* _REQUIRED WORK_: Only lines with the string "entry" matter here; gather them from the material below.

☆ ☆ ☆

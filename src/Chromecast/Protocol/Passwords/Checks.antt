-- ===== src/Chromecast/Protocol/Passwords/Checks.antt =====
-- What the checks on devices, passphrases and keys let through.
use phone.Prelude.Results.{Result, ok}
use phone.Prelude.{
  ℕ, ◌+◌, ◌≤◌, ◌<◌, ◌≡◌, ◌↔◌, ◌⊎◌, inl, inr, refl, Bool, true, false, not, ◌&&◌, ◌||◌, [], ◌∷◌,
  Option, none, some, length, All, filter, list_eq, ltb, leb, ◌==◌, if-each, &&-parts, arith,
}
use phone.Chromecast.Json.{Text, is_empty, is_space}
use phone.Chromecast.Protocol.{DeviceInfo}
use phone.Chromecast.Protocol.Wrapping.{wrap_pkcs1}
use phone.Chromecast.Protocol.Passwords.{
  all_of, is_hex, is_printable, valid_passphrase, lower, same_text, same_device, Crypto, or_key,
  encoded_as, encode_cipher, encrypt_under, encrypt_der, encrypt_password,
}

same_text_comm : (a b : Text) → same_text a b ≡ same_text b a
unfolding same_text
same_text_comm [] [] = refl
same_text_comm [] (y ∷ b) = refl
same_text_comm (x ∷ a) [] = refl
same_text_comm (x ∷ a) (y ∷ b) =
    let swap : (lower x == lower y) ≡ (lower y == lower x) = ground arith in
    rw (swap, same_text_comm a b) refl

list_eq_comm : (a b : Text) → list_eq a b ≡ list_eq b a
list_eq_comm [] [] = refl
list_eq_comm [] (y ∷ b) = refl
list_eq_comm (x ∷ a) [] = refl
list_eq_comm (x ∷ a) (y ∷ b) =
    let swap : (x == y) ≡ (y == x) = ground arith in rw (swap, list_eq_comm a b) refl

same_key_comm : (a b : Text) → (not (is_empty a) && list_eq a b) ≡ (not (is_empty b) && list_eq b a)
unfolding is_empty
same_key_comm [] [] = refl
same_key_comm [] (y ∷ b) = refl
same_key_comm (x ∷ a) [] = refl
same_key_comm (x ∷ a) (y ∷ b) = list_eq_comm (x ∷ a) (y ∷ b)

and_comm : (a b : Bool) → (a && b) ≡ (b && a)
and_comm true true = refl
and_comm true false = refl
and_comm false true = refl
and_comm false false = refl

-- Whether two devices are the same does not depend on which is named first.
pub same_device_comm : (a b : DeviceInfo) → same_device a b ≡ same_device b a
unfolding same_device
same_device_comm a b =
    rw
      (
        and_comm (not (is_empty a.mac)) (not (is_empty b.mac)),
        and_comm (not (is_empty a.udn)) (not (is_empty b.udn)),
        same_text_comm a.mac b.mac,
        same_text_comm a.udn b.udn,
        same_key_comm a.public_key b.public_key,
      )
      refl

-- A character of printable ASCII.
abbrev pub Printable : ℕ → Type 0
Printable c = (32 ≤ c) × (c < 127)

-- A hexadecimal digit, of either case.
abbrev pub HexDigit : ℕ → Type 0
HexDigit c = ((b'0' ≤ c) × (c ≤ b'9')) ⊎ (((b'a' ≤ c) × (c ≤ b'f')) ⊎ ((b'A' ≤ c) × (c ≤ b'F')))

-- What a WPA network takes for its password: a key of 64 hexadecimal digits, or a passphrase.
abbrev pub IsPassphrase : Text → Type 0
IsPassphrase p =
    ((length p ≡ 64) × All HexDigit p) ⊎ ((8 ≤ length p) × (length p ≤ 63) × All Printable p)

all_of-All :
    (test : ℕ → Bool) (P : ℕ → Type 0) (p : Text)
    → ((c : ℕ) → (test c ≡ true) ↔ P c)
    → (all_of test p ≡ true) ↔ All P p
unfolding all_of
all_of-All test P [] f = ((λ _. tt), (λ _. refl))
all_of-All test P (c ∷ p) f = (
  (λ h.
      let parts = &&-parts (test c) (all_of test p) h in
      ((f c).0 parts.0, (all_of-All test P p f).0 parts.1)),
  (λ h. rw ((f c).1 h.0, (all_of-All test P p f).1 h.1) refl),
)

is_hex-HexDigit : (c : ℕ) → (is_hex c ≡ true) ↔ HexDigit c
unfolding is_hex
is_hex-HexDigit c = ((λ h. ground arith), (λ h. ground arith))

is_printable-Printable : (c : ℕ) → (is_printable c ≡ true) ↔ Printable c
unfolding is_printable
is_printable-Printable c = ((λ h. (ground arith, ground arith)), (λ h. ground arith))

-- The passwords that are accepted are exactly the keys of 64 hexadecimal digits and the passphrases
-- of 8 to 63 characters of printable ASCII.
pub valid_passphrase-IsPassphrase : (p : Text) → (valid_passphrase p ≡ true) ↔ IsPassphrase p
unfolding valid_passphrase
valid_passphrase-IsPassphrase p =
    let hex = all_of-All is_hex HexDigit p is_hex-HexDigit in
    let text = all_of-All is_printable Printable p is_printable-Printable in
    if-each (λ b. (b ≡ true) ↔ IsPassphrase p) (length p == 64)
      (λ e. (
        (λ h. inl (ground arith, hex.0 h)),
        (λ h. elim h [ inl key ↦ hex.1 key.1 | inr phrase ↦ absurd (ground arith) ]),
      ))
      (λ e. (
        (λ h.
            let outer =
              &&-parts (leb 8 (length p) && leb (length p) 63) (all_of is_printable p) h in
            let low : 8 ≤ length p = ground arith in
            let high : length p ≤ 63 = ground arith in inr (low, high, text.0 outer.1)),
        (λ h. elim h [
          | inl key ↦ absurd (ground arith)
          | inr phrase ↦ ground (arith, text.1 phrase.2)
        ]),
      ))

-- The password fits the key, and its ciphertext is encoded as `t`.
abbrev UnderKey {ℓ} : {Key : Type ℓ} → Crypto Key → Text → Text → Key → Type 0
UnderKey c t password key =
    (128 ≤ c.rsa_length key)
    × (length password + 11 ≤ c.rsa_length key)
    × ((cipher : Text) × (c.pkcs1_encrypt key password ≡ some cipher)
        × (c.base64_encode cipher ≡ some t))

-- The bytes that the device's text decodes to are a key, as they are or wrapped.
abbrev pub FromDer {ℓ} : {Key : Type ℓ} → Crypto Key → Text → Text → Text → Type ℓ
FromDer {Key = Key} c t password der =
    (key : Key) × (or_key (c.parse_key der) (c.parse_key (wrap_pkcs1 der)) ≡ some key)
    × UnderKey c t password key

module _ {ℓ} {Key : Type ℓ} (c : Crypto Key) (t : Text) where
  encoded_as-ok : (o : Option Text) → encoded_as o ≡ ok t → o ≡ some t
  unfolding encoded_as
  encoded_as-ok none h = absurd cc
  encoded_as-ok (some u) h = cc

  encode_cipher-ok :
      (o : Option Text)
      → encode_cipher c o ≡ ok t
      → (cipher : Text) × (o ≡ some cipher) × (c.base64_encode cipher ≡ some t)
  unfolding encode_cipher
  encode_cipher-ok none h = absurd cc
  encode_cipher-ok (some cipher) h = (cipher, refl, encoded_as-ok (c.base64_encode cipher) h)

  encrypt_key-ok :
      (key : Key) (password : Text)
      → encrypt_under c (some key) password ≡ ok t
      → UnderKey c t password key
  unfolding encrypt_under
  encrypt_key-ok key password =
      let size = c.rsa_length key in
      let P : Result Text → Type 0 = λ r. r ≡ ok t → UnderKey c t password key in
      if-each P (ltb size 128 || ltb size (length password + 11)) (λ _ h. absurd cc)
        (λ fits.
          if-each P (not c.seeded) (λ _ h. absurd cc)
            (λ _ h.
              (ground arith, ground arith, encode_cipher-ok (c.pkcs1_encrypt key password) h)))

  encrypt_under-ok :
      (o : Option Key) (password : Text)
      → encrypt_under c o password ≡ ok t
      → (key : Key) × (o ≡ some key) × UnderKey c t password key
  encrypt_under-ok none password h = unfold encrypt_under in absurd cc
  encrypt_under-ok (some key) password h = (key, refl, encrypt_key-ok key password h)

  encrypt_der-ok :
      (o : Option Text) (password : Text)
      → encrypt_der c o password ≡ ok t
      → (der : Text) × (o ≡ some der) × FromDer c t password der
  unfolding encrypt_der
  encrypt_der-ok none password h = absurd cc
  encrypt_der-ok (some der) password h =
      let found = or_key (c.parse_key der) (c.parse_key (wrap_pkcs1 der)) in
      (
        der,
        refl,
        if-each (λ r. r ≡ ok t → FromDer c t password der) (not c.allocated) (λ _ h'. absurd cc)
            (λ _ h'. encrypt_under-ok found password h') h,
      )

-- A password is encrypted only under an RSA key that the device's text, as it is or wrapped, decodes
-- to, of at least 128 bytes and 11 more than the password; the result is the encoded ciphertext.
pub encrypt_password-ok {ℓ} :
    {Key : Type ℓ} (c : Crypto Key) (public_key password t : Text)
    → encrypt_password c public_key password ≡ ok t
    → (der : Text) × (c.base64_decode (filter (λ b. not (is_space b)) public_key) ≡ some der)
      × FromDer c t password der
unfolding encrypt_password
encrypt_password-ok c public_key password t =
    let compact = filter (λ b. not (is_space b)) public_key in
    if-each
      (λ r.
        r ≡ ok t → (der : Text) × (c.base64_decode compact ≡ some der) × FromDer c t password der)
      (is_empty compact) (λ _ h. absurd cc)
      (λ _. encrypt_der-ok c t (c.base64_decode compact) password)
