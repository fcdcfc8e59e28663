-- ===== src/Chromecast/Protocol/Scanning.antt =====
-- chromecast/protocol.cc: parse_scan.
pub mod Merged
pub mod Strongest
use phone.Prelude.Integers.{ℤ, pos, negsuc, same_int, less_int, to_int}
use phone.Prelude.Texts.{bytes_of}
use phone.Prelude.{
  ℕ, zero, suc, Bool, true, false, not, ◌&&◌, ◌||◌, List, [], ◌∷◌, Option, none, some, list_eq,
  ◌==◌, if◌then◌else◌, ◌>>=◌, require,
}
use phone.Chromecast.Json.{
  Text, Json, Items, object, array, no_items, item, field, Numbers, is_empty,
}
use phone.Chromecast.Json.Parser.{parse_json, find, as_string, as_integer}
use phone.Chromecast.Protocol.{
  WifiNetwork, int_at, int_or, text_at, is_negative, root_of, rows_of, rows_under,
}

-- The first of `items`, which an object has too.
unfoldable pub first_item : Option Json → Option Json
first_item (some (array (item ap aps))) = some ap
first_item (some (object (field key ap aps))) = some ap
first_item _ = none

-- The frequency of the first of ap_list.
unfoldable pub ap_frequency : Numbers → Option Json → ℤ
ap_frequency f none = pos 0
ap_frequency f (some ap) = int_at f ap (bytes_of "frequency" ∷ []) (pos 0)

unfoldable pub read_network : Numbers → Json → Text → WifiNetwork
read_network f row ssid =
    let frequency = int_at f row (bytes_of "frequency" ∷ []) (pos 0) in
    let ap = first_item (find (some row) (bytes_of "ap_list" ∷ [])) in
    record {
      ssid = ssid;
      bssid = text_at row (bytes_of "bssid" ∷ []);
      signal = int_at f row (bytes_of "signal_level" ∷ []) (negsuc 99);
      auth = int_at f row (bytes_of "wpa_auth" ∷ []) (pos 0);
      cipher = int_at f row (bytes_of "wpa_cipher" ∷ []) (pos 0);
      frequency = if same_int frequency (pos 0) then ap_frequency f ap else frequency;
      wpa_id = int_at f row (bytes_of "wpa_id" ∷ []) (negsuc 0);
    }

-- A row without an SSID is passed over.
unfoldable pub scan_row : Numbers → Json → Option WifiNetwork
scan_row f row = do
  ssid ← as_string (find (some row) (bytes_of "ssid" ∷ []))
  _ ← require (not (is_empty ssid))
  some (read_network f row ssid)

unfoldable pub same_network : WifiNetwork → WifiNetwork → Bool
same_network o n = list_eq o.ssid n.ssid && same_int o.auth n.auth && same_int o.cipher n.cipher

-- What stands in the place of the entry `o` after a row for the same network.
unfoldable pub stronger : WifiNetwork → WifiNetwork → WifiNetwork
stronger o row =
    let n = if is_negative row.wpa_id then record row { wpa_id = o.wpa_id } else row in
    if less_int o.signal n.signal
    then n
    else if is_negative o.wpa_id
    then record o { wpa_id = n.wpa_id }
    else o

unfoldable pub merge : WifiNetwork → List WifiNetwork → List WifiNetwork
merge n [] = n ∷ []
merge n (o ∷ result) =
    let rest = merge n result in if same_network o n then stronger o n ∷ result else o ∷ rest

unfoldable pub merge_row : Option WifiNetwork → List WifiNetwork → List WifiNetwork
merge_row none result = result
merge_row (some n) result = merge n result

-- The loop over the rows.
unfoldable pub scan_rows : Numbers → Items → List WifiNetwork → List WifiNetwork
scan_rows f no_items result = result
scan_rows f (item row rows) result = scan_rows f rows (merge_row (scan_row f row) result)

-- std::stable_sort by signal, the strongest first, as a sort by insertion.
unfoldable pub insert : WifiNetwork → List WifiNetwork → List WifiNetwork
insert n [] = n ∷ []
insert n (o ∷ result) =
    let rest = insert n result in if less_int n.signal o.signal then o ∷ rest else n ∷ o ∷ result

unfoldable pub sort : List WifiNetwork → List WifiNetwork
sort [] = []
sort (n ∷ result) = insert n (sort result)

abbrev pub scan_keys : List Text
scan_keys = bytes_of "networks" ∷ bytes_of "scan_results" ∷ bytes_of "results" ∷ []

unfoldable pub networks_in : Numbers → Option Json → List WifiNetwork
networks_in f none = []
networks_in f (some root) = sort (scan_rows f (rows_under root scan_keys) [])

unfoldable pub parse_scan : Numbers → Text → List WifiNetwork
parse_scan f json = networks_in f (root_of (parse_json f json))
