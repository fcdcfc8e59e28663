-- ===== src/Chromecast/Protocol/Scanning/Merged.antt =====
-- What the steps of parse_scan do to its list: the merge of a row, and the insertion of the sort.
use phone.Prelude.Integers.{ℤ, pos, negsuc, same_int, same_int→≡, less_int}
use phone.Prelude.{
  ◌≡◌, ◌≢◌, refl, sym, ap, ◌∙◌, subst, true, false, ◌&&◌, List, [], ◌∷◌, In, Distinct, All, All-map,
  list_eq, list_eq→≡, list_eq_self, if-both, &&-parts, if-each, arith, inl, inr, Bool-cases, ◌⊎◌,
}
use phone.Chromecast.Json.{Text}
use phone.Chromecast.Protocol.{WifiNetwork, is_negative}
use phone.Chromecast.Protocol.Scanning.{same_network, stronger, merge, insert}

-- What makes two rows one network.
abbrev pub key : WifiNetwork → Text × ℤ × ℤ
key n = (n.ssid, n.auth, n.cipher)

abbrev pub keys : List WifiNetwork → List (Text × ℤ × ℤ)
keys [] = []
keys (n ∷ ns) = key n ∷ keys ns

-- The first is at least as strong as the second.
abbrev pub AtLeast : WifiNetwork → WifiNetwork → Type 0
AtLeast o n = less_int o.signal n.signal ≡ false

abbrev pub IsSorted : List WifiNetwork → Type 0
IsSorted [] = Unit {0}
IsSorted (n ∷ ns) = All (AtLeast n) ns × IsSorted ns

-- An entry of the list is the network of `n`, and at least as strong.
abbrev pub Covers : WifiNetwork → List WifiNetwork → Type 0
Covers n [] = ⊥
Covers n (o ∷ os) = ((key o ≡ key n) × AtLeast o n) ⊎ Covers n os

not_less_self : (a : ℤ) → less_int a a ≡ false
unfolding less_int
not_less_self (pos n) = ground arith
not_less_self (negsuc n) = ground arith

not_less_trans : (a b c : ℤ) → less_int a b ≡ false → less_int b c ≡ false → less_int a c ≡ false
unfolding less_int
not_less_trans (pos a) (pos b) (pos c) h k = ground arith
not_less_trans (pos a) (pos b) (negsuc c) h k = refl
not_less_trans (pos a) (negsuc b) (pos c) h k = absurd cc
not_less_trans (pos a) (negsuc b) (negsuc c) h k = refl
not_less_trans (negsuc a) (pos b) c h k = absurd cc
not_less_trans (negsuc a) (negsuc b) (pos c) h k = absurd cc
not_less_trans (negsuc a) (negsuc b) (negsuc c) h k = ground arith

less_asym : (a b : ℤ) → less_int a b ≡ true → less_int b a ≡ false
unfolding less_int
less_asym (pos a) (pos b) h = ground arith
less_asym (pos a) (negsuc b) h = absurd cc
less_asym (negsuc a) (pos b) h = refl
less_asym (negsuc a) (negsuc b) h = ground arith

same_int_self : (a : ℤ) → same_int a a ≡ true
unfolding same_int
same_int_self (pos n) = ground arith
same_int_self (negsuc n) = ground arith

same_network→≡ : (o n : WifiNetwork) → same_network o n ≡ true → key o ≡ key n
unfolding same_network
same_network→≡ o n h =
    let ids = list_eq o.ssid n.ssid && same_int o.auth n.auth in
    let outer = &&-parts ids (same_int o.cipher n.cipher) h in
    let parts = &&-parts (list_eq o.ssid n.ssid) (same_int o.auth n.auth) outer.0 in
    let e : o.ssid ≡ n.ssid = list_eq→≡ o.ssid n.ssid parts.0 in
    let f : o.auth ≡ n.auth = same_int→≡ o.auth n.auth parts.1 in
    let g : o.cipher ≡ n.cipher = same_int→≡ o.cipher n.cipher outer.1 in rw (e, f, g) refl

same_network_of : (o n : WifiNetwork) → key o ≡ key n → same_network o n ≡ true
unfolding same_network
same_network_of o n h =
    let e : o.ssid ≡ n.ssid = ap (λ (k : Text × ℤ × ℤ). k.0) h in
    let f : o.auth ≡ n.auth = ap (λ (k : Text × ℤ × ℤ). k.1) h in
    let g : o.cipher ≡ n.cipher = ap (λ (k : Text × ℤ × ℤ). k.2) h in
    rw (e, f, g) (rw (list_eq_self n.ssid, same_int_self n.auth, same_int_self n.cipher) refl)

-- A property of all the entries an update may leave.
stronger-cases :
    (P : WifiNetwork → Type 0) (o n : WifiNetwork)
    → (less_int o.signal n.signal ≡ true → P n)
    → (less_int o.signal n.signal ≡ true → P (record n { wpa_id = o.wpa_id }))
    → (less_int o.signal n.signal ≡ false → P o)
    → (less_int o.signal n.signal ≡ false → (id : ℤ) → P (record o { wpa_id = id }))
    → P (stronger o n)
unfolding stronger
stronger-cases P o n p q r s = elim (Bool-cases (is_negative n.wpa_id)) [
  | inl e ↦ rw e (
      if-each P (less_int o.signal n.signal) q
        (λ h. if-both P (is_negative o.wpa_id) (s h o.wpa_id) (r h)))
  | inr e ↦ rw e (
      if-each P (less_int o.signal n.signal) p
        (λ h. if-both P (is_negative o.wpa_id) (s h n.wpa_id) (r h)))
]

pub key-stronger : (o n : WifiNetwork) → key o ≡ key n → key (stronger o n) ≡ key o
key-stronger o n h =
    stronger-cases (λ m. key m ≡ key o) o n (λ _. sym h) (λ _. sym h) (λ _. refl) (λ _ _. refl)

pub Covers-stronger :
    (o n : WifiNetwork) → key o ≡ key n → (key (stronger o n) ≡ key n) × AtLeast (stronger o n) n
Covers-stronger o n h =
    let self = not_less_self n.signal in
    stronger-cases (λ m. (key m ≡ key n) × AtLeast m n) o n (λ _. (refl, self)) (λ _. (refl, self))
      (λ e. (h, e)) (λ e _. (h, e))

AtLeast-stronger : (o n m : WifiNetwork) → AtLeast o m → AtLeast (stronger o n) m
AtLeast-stronger o n m h =
    let above = λ (e : less_int o.signal n.signal ≡ true).
      not_less_trans n.signal o.signal m.signal (less_asym o.signal n.signal e) h in
    stronger-cases (λ k. AtLeast k m) o n above above (λ _. h) (λ _ _. h)

-- Either the two are one network, or their keys differ.
merge-cases :
    (P : List WifiNetwork → Type 0) (n o : WifiNetwork) (os : List WifiNetwork)
    → (key o ≡ key n → P (stronger o n ∷ os))
    → (key o ≢ key n → P (o ∷ merge n os))
    → P (merge n (o ∷ os))
unfolding merge
merge-cases P n o os same other =
    if-each P (same_network o n) (λ e. same (same_network→≡ o n e))
      (λ e. other (λ k. let t : same_network o n ≡ true = same_network_of o n k in absurd cc))

pub In-merge :
    (k : Text × ℤ × ℤ) (n : WifiNetwork) (os : List WifiNetwork)
    → In k (keys (merge n os))
    → (k ≡ key n) ⊎ In k (keys os)
In-merge k n [] = unfold merge in (λ h. h)
In-merge k n (o ∷ os) =
    merge-cases (λ os'. In k (keys os') → (k ≡ key n) ⊎ In k (keys (o ∷ os))) n o os
      (λ e h. elim h [ inl f ↦ inr (inl (f ∙ key-stronger o n e)) | inr i ↦ inr (inr i) ])
      (λ _ h. elim h [
        | inl f ↦ inr (inl f)
        | inr i ↦ elim (In-merge k n os i) [ inl f ↦ inl f | inr j ↦ inr (inr j) ]
      ])

pub Distinct-merge :
    (n : WifiNetwork) (os : List WifiNetwork) → Distinct (keys os) → Distinct (keys (merge n os))
Distinct-merge n [] d = unfold merge in ((λ i. i), tt)
Distinct-merge n (o ∷ os) d =
    merge-cases (λ os'. Distinct (keys os')) n o os
      (λ e. (λ i. d.0 (subst (λ k. In k (keys os)) (key-stronger o n e) i), d.1))
      (λ apart. (
        λ i. elim (In-merge (key o) n os i) [ inl f ↦ apart f | inr j ↦ d.0 j ],
        Distinct-merge n os d.1,
      ))

pub Covers-merge_self : (n : WifiNetwork) (os : List WifiNetwork) → Covers n (merge n os)
Covers-merge_self n [] = unfold merge in inl (refl, not_less_self n.signal)
Covers-merge_self n (o ∷ os) =
    merge-cases (Covers n) n o os (λ e. inl (Covers-stronger o n e))
      (λ _. inr (Covers-merge_self n os))

pub Covers-merge : (m n : WifiNetwork) (os : List WifiNetwork) → Covers m os → Covers m (merge n os)
Covers-merge m n [] c = elim c [ ]
Covers-merge m n (o ∷ os) c =
    merge-cases (Covers m) n o os
      (λ e. elim c [
        | inl (f, above) ↦ inl (key-stronger o n e ∙ f, AtLeast-stronger o n m above)
        | inr later ↦ inr later
      ])
      (λ _. elim c [ inl first ↦ inl first | inr later ↦ inr (Covers-merge m n os later) ])

insert-cases :
    (P : List WifiNetwork → Type 0) (n o : WifiNetwork) (os : List WifiNetwork)
    → (AtLeast n o → P (n ∷ o ∷ os))
    → (AtLeast o n → P (o ∷ insert n os))
    → P (insert n (o ∷ os))
unfolding insert
insert-cases P n o os here later =
    if-each P (less_int n.signal o.signal) (λ e. later (less_asym n.signal o.signal e)) here

pub In-insert :
    (k : Text × ℤ × ℤ) (n : WifiNetwork) (os : List WifiNetwork)
    → In k (keys (insert n os))
    → (k ≡ key n) ⊎ In k (keys os)
In-insert k n [] = unfold insert in (λ h. h)
In-insert k n (o ∷ os) =
    insert-cases (λ os'. In k (keys os') → (k ≡ key n) ⊎ In k (keys (o ∷ os))) n o os (λ _ h. h)
      (λ _ h. elim h [
        | inl f ↦ inr (inl f)
        | inr i ↦ elim (In-insert k n os i) [ inl f ↦ inl f | inr j ↦ inr (inr j) ]
      ])

pub Distinct-insert :
    (n : WifiNetwork) (os : List WifiNetwork)
    → ¬ In (key n) (keys os)
    → Distinct (keys os)
    → Distinct (keys (insert n os))
Distinct-insert n [] fresh d = unfold insert in (fresh, tt)
Distinct-insert n (o ∷ os) fresh d =
    insert-cases (λ os'. Distinct (keys os')) n o os (λ _. (fresh, d))
      (λ _. (
        λ i. elim (In-insert (key o) n os i) [ inl f ↦ fresh (inl (sym f)) | inr j ↦ d.0 j ],
        Distinct-insert n os (λ i. fresh (inr i)) d.1,
      ))

All-insert :
    (P : WifiNetwork → Type 0) (n : WifiNetwork) (os : List WifiNetwork)
    → P n
    → All P os
    → All P (insert n os)
All-insert P n [] first all = unfold insert in (first, tt)
All-insert P n (o ∷ os) first all =
    insert-cases (All P) n o os (λ _. (first, all)) (λ _. (all.0, All-insert P n os first all.1))

pub IsSorted-insert :
    (n : WifiNetwork) (os : List WifiNetwork) → IsSorted os → IsSorted (insert n os)
IsSorted-insert n [] s = unfold insert in (tt, tt)
IsSorted-insert n (o ∷ os) s =
    insert-cases IsSorted n o os
      (λ above. (
        (
          above,
          All-map (AtLeast o) (AtLeast n) os (λ m. not_less_trans n.signal o.signal m.signal above)
              s.0,
        ),
        s,
      ))
      (λ below. (All-insert (AtLeast o) n os below s.0, IsSorted-insert n os s.1))

pub Covers-insert :
    (m n : WifiNetwork) (os : List WifiNetwork) → Covers m (n ∷ os) → Covers m (insert n os)
Covers-insert m n [] c = unfold insert in c
Covers-insert m n (o ∷ os) c =
    insert-cases (Covers m) n o os (λ _. c)
      (λ _. elim c [
        | inl here ↦ inr (Covers-insert m n os (inl here))
        | inr (inl first) ↦ inl first
        | inr (inr later) ↦ inr (Covers-insert m n os (inr later))
      ])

☆ ☆ ☆

* _YOUR RESPONSE_:
-- What stands in the place of the entry `o` after a row for the same network.
-- An entry of the list is the network of `n`, and at least as strong.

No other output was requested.